Directions: Your reply should hold only the lines from the records below where "compiler" occurs.

(Stored data)
━━━━━━━━━━━━━━━━
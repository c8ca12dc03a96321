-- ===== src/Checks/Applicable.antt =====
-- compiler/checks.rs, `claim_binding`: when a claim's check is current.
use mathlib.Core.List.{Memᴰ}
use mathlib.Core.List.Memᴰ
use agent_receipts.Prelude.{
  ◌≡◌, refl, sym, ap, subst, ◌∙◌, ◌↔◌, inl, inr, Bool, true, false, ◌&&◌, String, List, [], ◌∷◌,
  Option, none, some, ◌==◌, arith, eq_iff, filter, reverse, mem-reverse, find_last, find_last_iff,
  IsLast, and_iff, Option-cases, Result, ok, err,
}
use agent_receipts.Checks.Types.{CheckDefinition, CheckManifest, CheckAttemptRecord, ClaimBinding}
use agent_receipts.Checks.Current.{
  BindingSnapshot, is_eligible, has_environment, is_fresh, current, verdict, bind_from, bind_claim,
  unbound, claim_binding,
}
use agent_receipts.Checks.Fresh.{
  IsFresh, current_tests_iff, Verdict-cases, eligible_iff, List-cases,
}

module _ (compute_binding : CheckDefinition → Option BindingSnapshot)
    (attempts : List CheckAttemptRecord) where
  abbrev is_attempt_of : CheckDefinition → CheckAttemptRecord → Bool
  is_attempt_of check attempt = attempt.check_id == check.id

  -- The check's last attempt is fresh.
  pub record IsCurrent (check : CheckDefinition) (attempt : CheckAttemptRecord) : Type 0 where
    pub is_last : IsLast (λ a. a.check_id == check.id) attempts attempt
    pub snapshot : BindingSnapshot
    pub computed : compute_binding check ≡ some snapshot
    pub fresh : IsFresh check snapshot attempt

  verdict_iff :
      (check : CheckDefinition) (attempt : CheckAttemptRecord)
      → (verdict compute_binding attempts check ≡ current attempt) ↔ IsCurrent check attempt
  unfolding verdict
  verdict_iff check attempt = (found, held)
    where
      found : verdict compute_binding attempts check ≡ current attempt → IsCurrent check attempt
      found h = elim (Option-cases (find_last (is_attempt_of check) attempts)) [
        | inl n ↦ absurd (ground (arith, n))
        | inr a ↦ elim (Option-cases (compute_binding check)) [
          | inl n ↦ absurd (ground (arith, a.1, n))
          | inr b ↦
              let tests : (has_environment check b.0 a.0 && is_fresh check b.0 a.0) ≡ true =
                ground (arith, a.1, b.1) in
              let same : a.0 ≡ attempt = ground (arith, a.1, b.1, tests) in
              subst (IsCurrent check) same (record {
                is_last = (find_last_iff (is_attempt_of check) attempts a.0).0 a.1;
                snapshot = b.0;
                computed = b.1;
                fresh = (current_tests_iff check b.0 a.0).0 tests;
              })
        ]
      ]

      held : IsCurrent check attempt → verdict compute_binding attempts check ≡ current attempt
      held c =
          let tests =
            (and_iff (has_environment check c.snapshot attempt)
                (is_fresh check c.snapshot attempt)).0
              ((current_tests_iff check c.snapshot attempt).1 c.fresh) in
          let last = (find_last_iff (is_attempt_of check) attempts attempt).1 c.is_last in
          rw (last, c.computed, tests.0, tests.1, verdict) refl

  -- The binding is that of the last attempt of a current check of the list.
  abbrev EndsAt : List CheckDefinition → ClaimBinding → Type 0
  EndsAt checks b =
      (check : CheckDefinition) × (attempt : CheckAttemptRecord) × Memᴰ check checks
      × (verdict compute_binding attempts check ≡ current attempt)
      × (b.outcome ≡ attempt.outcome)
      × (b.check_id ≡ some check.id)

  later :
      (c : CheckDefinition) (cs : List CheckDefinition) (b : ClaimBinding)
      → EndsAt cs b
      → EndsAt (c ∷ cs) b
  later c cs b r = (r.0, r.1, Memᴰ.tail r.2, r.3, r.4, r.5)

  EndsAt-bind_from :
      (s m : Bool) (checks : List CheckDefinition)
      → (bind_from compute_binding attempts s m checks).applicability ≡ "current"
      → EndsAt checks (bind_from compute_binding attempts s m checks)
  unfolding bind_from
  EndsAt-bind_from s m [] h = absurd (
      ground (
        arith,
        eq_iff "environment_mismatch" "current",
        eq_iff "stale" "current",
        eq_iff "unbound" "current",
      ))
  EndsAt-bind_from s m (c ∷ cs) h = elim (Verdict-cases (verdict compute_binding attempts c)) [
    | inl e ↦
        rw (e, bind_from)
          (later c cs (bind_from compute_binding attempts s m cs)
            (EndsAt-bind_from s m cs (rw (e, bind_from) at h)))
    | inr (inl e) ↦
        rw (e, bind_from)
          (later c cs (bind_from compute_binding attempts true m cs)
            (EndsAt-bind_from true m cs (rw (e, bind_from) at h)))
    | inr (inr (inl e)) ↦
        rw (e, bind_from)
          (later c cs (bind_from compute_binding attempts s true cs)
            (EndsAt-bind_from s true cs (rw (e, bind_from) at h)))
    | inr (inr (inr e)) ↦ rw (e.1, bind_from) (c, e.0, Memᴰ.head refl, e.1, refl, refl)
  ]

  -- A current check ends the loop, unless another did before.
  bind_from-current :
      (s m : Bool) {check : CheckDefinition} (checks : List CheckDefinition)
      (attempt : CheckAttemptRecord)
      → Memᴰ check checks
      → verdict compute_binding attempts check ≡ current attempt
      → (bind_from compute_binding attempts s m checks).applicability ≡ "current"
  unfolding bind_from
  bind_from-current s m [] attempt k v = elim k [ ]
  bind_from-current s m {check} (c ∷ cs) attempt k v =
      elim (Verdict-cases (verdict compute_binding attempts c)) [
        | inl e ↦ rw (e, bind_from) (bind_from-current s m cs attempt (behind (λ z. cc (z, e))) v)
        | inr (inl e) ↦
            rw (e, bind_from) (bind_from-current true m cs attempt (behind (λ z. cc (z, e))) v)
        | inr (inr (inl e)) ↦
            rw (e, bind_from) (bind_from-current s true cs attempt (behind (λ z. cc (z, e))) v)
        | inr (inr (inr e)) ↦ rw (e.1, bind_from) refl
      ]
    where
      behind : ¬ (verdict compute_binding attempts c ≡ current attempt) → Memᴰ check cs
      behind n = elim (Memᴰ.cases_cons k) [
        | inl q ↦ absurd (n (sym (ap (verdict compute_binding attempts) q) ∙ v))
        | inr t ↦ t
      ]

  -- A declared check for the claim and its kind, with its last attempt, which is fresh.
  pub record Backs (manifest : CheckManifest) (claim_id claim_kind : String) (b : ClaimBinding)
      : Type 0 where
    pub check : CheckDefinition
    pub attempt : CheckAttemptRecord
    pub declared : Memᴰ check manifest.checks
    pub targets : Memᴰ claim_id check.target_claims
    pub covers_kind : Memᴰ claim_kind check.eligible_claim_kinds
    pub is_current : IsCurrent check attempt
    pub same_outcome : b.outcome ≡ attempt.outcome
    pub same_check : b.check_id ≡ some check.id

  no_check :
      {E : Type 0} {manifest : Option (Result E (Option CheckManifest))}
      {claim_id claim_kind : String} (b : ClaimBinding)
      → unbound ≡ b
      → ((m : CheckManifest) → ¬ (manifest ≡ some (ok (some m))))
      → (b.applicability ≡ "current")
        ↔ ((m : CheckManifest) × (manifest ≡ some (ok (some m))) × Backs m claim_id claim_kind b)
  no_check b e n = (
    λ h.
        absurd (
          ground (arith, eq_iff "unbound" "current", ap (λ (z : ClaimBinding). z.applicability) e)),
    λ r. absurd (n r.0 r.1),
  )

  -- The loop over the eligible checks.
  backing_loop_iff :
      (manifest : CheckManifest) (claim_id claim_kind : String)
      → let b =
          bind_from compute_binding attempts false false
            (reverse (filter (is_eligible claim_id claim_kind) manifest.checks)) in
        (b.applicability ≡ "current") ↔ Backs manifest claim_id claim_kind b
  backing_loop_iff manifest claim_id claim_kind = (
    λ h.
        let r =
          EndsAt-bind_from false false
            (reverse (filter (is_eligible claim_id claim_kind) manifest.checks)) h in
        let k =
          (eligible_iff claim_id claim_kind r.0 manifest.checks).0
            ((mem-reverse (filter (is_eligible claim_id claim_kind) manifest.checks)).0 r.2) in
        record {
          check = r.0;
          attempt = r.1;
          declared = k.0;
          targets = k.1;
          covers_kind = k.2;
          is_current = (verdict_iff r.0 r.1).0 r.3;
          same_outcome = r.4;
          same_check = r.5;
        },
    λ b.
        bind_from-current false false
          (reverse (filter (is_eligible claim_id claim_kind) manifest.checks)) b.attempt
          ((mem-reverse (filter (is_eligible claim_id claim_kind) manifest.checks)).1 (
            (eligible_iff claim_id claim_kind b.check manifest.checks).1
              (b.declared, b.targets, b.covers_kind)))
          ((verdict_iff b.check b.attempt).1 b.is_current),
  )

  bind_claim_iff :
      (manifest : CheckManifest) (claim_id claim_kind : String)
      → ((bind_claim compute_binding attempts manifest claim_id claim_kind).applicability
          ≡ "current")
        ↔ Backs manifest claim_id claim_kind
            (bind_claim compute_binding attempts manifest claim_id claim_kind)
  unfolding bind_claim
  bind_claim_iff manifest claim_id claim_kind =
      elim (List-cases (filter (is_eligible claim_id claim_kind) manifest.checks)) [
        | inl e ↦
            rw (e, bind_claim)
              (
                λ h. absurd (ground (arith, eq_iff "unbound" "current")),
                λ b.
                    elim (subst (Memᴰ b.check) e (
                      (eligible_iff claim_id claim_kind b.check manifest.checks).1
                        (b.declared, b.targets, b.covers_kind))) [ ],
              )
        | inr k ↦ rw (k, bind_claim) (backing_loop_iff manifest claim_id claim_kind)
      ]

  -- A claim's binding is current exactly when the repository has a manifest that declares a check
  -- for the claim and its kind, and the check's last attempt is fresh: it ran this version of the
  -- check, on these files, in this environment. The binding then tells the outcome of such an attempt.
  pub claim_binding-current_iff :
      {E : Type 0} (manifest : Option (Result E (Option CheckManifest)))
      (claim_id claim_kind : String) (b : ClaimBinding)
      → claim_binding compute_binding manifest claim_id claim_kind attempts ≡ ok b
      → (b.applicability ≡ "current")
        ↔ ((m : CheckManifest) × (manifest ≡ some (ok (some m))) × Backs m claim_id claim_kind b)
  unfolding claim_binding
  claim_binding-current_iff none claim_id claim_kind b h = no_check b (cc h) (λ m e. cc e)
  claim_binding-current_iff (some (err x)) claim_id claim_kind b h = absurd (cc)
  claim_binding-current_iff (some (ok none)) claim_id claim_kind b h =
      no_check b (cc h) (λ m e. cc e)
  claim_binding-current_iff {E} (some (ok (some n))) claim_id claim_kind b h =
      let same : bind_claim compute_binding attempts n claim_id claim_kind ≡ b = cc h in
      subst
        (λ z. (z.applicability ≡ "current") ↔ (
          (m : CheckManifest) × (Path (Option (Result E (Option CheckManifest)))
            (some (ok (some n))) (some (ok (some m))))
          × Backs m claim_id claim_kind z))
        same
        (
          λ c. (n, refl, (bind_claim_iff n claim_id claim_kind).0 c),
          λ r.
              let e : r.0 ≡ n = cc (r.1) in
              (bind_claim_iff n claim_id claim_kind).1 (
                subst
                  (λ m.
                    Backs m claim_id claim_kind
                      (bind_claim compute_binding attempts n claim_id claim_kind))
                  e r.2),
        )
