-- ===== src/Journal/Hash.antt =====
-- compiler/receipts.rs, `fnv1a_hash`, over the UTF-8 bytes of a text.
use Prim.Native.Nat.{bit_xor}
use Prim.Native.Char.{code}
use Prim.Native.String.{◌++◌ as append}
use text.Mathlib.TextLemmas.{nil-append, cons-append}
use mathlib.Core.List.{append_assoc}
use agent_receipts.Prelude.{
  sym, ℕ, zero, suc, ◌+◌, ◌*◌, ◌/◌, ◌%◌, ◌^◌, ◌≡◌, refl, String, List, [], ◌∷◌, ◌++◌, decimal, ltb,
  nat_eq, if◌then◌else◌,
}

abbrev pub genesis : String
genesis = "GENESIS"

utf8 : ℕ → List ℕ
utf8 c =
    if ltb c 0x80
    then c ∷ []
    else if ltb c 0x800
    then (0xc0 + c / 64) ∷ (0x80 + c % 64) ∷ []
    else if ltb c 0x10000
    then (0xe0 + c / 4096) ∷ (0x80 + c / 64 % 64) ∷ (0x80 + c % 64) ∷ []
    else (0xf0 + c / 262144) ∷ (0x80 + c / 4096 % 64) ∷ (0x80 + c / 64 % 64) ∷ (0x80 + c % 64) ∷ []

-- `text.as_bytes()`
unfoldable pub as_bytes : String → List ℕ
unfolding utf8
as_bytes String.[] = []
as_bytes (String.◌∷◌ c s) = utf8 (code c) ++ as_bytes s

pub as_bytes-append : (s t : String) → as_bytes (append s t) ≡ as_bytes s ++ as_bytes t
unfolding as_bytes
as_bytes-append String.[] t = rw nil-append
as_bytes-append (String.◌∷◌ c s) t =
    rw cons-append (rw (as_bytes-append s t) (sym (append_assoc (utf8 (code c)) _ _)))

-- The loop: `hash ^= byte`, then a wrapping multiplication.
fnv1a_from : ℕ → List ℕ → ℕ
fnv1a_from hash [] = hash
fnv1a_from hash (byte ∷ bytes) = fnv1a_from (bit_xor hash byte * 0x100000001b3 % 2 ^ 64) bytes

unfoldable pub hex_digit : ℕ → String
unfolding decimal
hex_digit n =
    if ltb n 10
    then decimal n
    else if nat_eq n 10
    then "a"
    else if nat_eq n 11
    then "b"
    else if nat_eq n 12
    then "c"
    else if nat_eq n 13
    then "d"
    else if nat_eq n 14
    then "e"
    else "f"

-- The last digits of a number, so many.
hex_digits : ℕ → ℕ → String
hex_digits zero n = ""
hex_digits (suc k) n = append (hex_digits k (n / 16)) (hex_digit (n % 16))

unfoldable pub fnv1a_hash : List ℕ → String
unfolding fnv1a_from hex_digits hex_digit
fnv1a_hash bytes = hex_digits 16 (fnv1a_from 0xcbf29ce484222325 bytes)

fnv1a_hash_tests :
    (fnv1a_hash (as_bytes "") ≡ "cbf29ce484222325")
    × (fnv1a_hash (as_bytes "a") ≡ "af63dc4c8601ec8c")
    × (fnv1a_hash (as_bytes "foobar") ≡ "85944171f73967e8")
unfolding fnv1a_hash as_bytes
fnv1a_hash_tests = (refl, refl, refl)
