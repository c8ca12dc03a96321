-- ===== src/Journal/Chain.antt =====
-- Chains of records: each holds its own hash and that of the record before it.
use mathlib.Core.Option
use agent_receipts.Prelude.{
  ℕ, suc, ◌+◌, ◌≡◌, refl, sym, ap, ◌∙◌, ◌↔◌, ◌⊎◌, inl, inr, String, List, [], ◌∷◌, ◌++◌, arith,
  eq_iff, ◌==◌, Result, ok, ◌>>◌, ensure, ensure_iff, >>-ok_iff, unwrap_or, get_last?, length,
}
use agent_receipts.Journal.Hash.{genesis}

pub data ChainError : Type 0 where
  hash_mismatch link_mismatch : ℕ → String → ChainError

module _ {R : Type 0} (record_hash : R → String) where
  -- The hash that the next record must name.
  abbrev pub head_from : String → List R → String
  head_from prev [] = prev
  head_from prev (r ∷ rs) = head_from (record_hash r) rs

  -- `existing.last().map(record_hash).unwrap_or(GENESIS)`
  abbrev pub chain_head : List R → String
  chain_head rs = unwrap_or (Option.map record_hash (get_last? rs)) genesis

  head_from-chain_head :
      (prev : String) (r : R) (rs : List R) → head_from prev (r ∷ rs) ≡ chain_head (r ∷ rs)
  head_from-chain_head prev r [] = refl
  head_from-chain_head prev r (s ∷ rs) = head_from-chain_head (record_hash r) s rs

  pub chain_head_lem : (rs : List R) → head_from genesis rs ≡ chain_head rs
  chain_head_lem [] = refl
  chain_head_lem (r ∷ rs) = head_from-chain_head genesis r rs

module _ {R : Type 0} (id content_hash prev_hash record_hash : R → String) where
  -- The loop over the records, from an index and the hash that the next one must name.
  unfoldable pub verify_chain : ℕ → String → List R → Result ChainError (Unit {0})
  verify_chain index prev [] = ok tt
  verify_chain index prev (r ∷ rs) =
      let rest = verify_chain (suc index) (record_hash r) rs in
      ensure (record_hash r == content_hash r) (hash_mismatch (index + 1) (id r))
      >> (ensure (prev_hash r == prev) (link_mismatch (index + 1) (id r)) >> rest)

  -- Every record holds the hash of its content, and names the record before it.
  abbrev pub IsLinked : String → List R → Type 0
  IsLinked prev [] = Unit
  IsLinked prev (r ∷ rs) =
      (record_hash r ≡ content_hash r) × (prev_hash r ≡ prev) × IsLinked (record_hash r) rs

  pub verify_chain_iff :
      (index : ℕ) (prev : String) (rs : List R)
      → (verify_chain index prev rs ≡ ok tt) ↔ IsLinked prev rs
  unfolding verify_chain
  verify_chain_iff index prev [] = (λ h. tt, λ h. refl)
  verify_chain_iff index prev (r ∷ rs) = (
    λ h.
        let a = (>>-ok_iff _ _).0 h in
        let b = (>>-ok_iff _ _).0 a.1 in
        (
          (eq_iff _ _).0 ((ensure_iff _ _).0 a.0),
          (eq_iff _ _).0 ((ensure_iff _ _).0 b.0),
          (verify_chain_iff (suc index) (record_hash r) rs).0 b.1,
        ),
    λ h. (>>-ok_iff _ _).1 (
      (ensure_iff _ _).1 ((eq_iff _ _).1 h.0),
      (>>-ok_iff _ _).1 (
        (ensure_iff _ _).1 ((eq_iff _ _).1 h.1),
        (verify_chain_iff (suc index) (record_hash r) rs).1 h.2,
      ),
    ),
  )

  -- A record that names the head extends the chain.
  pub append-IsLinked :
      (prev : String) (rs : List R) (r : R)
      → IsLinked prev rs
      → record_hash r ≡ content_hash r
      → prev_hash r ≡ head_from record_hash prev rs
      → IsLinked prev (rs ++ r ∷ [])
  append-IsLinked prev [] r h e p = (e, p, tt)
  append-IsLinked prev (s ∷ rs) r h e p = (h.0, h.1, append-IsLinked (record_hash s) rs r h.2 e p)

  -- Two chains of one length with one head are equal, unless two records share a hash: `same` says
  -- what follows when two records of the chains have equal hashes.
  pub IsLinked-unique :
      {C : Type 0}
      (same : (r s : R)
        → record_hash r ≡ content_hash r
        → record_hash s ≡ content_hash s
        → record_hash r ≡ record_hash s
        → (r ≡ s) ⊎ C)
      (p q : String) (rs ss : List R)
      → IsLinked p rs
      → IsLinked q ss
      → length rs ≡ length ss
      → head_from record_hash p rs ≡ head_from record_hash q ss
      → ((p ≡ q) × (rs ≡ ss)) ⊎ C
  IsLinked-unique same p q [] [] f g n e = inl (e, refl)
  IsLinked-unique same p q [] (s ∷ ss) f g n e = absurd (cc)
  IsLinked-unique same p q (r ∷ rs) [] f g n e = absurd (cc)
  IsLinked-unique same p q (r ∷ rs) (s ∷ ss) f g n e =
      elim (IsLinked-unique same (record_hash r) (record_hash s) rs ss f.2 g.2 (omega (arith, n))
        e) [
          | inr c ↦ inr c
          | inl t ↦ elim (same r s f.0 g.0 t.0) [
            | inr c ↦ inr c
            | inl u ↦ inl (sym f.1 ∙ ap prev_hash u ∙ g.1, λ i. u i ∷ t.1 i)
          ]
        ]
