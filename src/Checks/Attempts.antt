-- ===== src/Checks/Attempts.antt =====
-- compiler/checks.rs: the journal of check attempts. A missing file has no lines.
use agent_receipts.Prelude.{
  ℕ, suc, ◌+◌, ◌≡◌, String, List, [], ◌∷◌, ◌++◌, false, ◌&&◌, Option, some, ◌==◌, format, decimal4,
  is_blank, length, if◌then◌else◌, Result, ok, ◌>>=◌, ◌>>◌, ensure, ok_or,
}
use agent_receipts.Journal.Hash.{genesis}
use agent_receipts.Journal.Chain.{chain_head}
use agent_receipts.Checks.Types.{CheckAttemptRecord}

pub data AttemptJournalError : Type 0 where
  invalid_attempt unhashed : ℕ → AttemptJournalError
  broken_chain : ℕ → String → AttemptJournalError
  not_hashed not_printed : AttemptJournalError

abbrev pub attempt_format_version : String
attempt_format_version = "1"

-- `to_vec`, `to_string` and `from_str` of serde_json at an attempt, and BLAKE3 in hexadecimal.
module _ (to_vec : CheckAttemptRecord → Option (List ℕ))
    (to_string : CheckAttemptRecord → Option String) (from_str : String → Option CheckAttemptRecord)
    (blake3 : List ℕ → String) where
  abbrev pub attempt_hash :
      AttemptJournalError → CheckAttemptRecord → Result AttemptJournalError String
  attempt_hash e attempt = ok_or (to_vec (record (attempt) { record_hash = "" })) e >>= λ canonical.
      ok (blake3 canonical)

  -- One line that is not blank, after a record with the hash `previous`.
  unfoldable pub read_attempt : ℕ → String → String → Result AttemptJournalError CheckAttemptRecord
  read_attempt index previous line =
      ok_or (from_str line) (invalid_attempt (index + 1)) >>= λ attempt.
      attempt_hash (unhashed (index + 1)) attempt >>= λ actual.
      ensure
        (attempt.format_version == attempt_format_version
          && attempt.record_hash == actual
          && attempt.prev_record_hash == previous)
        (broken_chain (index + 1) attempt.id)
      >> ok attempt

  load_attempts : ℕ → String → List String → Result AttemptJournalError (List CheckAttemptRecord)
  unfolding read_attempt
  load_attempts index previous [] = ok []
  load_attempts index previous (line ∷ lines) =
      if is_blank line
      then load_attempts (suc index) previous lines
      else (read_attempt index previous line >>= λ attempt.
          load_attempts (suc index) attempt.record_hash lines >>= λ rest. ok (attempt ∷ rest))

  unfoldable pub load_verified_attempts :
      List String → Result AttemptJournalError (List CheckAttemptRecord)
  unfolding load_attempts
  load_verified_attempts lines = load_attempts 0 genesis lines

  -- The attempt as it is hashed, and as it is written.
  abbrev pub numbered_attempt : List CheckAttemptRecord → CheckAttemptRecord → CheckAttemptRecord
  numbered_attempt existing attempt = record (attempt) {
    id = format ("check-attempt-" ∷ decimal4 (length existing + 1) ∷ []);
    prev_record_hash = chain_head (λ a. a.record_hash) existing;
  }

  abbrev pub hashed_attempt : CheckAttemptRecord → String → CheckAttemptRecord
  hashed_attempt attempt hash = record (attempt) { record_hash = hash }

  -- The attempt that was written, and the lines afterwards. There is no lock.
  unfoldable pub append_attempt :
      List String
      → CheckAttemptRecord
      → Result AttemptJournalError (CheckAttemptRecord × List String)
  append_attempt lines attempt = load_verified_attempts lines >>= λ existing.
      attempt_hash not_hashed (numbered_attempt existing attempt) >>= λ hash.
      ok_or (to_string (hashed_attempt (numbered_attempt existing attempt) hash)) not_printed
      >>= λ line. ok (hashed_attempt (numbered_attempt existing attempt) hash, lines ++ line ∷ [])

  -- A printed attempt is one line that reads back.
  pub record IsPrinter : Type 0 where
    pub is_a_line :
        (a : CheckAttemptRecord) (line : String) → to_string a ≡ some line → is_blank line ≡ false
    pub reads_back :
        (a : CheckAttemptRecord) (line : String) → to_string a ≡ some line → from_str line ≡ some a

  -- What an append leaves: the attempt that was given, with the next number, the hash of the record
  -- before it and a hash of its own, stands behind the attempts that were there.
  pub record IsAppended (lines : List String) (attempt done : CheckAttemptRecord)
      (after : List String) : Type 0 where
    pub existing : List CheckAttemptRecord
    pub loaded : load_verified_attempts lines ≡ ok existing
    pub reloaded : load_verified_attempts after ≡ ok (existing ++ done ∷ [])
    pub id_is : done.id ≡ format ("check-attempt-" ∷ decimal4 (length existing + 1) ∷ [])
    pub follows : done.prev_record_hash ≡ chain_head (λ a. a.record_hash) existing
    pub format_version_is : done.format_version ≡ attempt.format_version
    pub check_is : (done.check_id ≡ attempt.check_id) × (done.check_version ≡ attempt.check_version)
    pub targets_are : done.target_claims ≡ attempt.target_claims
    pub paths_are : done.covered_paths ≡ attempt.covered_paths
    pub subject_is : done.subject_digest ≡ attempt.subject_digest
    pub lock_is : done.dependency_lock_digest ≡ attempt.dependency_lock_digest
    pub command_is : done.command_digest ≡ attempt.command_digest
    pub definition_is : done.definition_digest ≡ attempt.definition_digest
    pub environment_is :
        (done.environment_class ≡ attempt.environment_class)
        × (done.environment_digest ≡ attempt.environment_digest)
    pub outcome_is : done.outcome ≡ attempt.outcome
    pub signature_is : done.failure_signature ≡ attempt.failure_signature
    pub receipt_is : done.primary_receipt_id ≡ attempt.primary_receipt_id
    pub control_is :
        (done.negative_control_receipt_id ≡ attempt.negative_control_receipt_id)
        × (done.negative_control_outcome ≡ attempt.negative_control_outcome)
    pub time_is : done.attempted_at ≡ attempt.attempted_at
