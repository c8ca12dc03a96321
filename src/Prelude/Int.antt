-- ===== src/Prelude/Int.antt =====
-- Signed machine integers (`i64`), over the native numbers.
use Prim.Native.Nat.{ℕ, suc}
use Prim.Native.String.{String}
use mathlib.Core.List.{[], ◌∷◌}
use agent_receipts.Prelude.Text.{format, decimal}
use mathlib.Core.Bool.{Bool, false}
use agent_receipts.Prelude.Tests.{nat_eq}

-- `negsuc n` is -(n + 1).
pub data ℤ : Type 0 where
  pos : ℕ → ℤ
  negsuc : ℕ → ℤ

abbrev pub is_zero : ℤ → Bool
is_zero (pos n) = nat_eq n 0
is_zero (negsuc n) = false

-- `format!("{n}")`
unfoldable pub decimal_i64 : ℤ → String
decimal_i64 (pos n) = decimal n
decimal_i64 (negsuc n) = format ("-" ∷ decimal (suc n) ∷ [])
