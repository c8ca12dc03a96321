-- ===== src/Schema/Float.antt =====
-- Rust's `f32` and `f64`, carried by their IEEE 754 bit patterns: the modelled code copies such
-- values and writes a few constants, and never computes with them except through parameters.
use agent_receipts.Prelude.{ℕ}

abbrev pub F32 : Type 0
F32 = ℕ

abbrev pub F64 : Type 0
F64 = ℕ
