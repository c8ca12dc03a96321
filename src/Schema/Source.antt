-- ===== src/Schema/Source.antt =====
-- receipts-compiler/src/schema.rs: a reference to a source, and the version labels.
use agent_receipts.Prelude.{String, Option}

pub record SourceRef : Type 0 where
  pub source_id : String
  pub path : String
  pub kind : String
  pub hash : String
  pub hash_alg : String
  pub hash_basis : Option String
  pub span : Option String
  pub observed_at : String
━━━━━━━━━━━━━━━━
Written reply:
-- compiler/checks.rs, `claim_binding`: when a claim's check is current.
-- compiler/receipts.rs, `fnv1a_hash`, over the UTF-8 bytes of a text.
-- compiler/checks.rs: the journal of check attempts. A missing file has no lines.
-- receipts-compiler/src/schema.rs: a reference to a source, and the version labels.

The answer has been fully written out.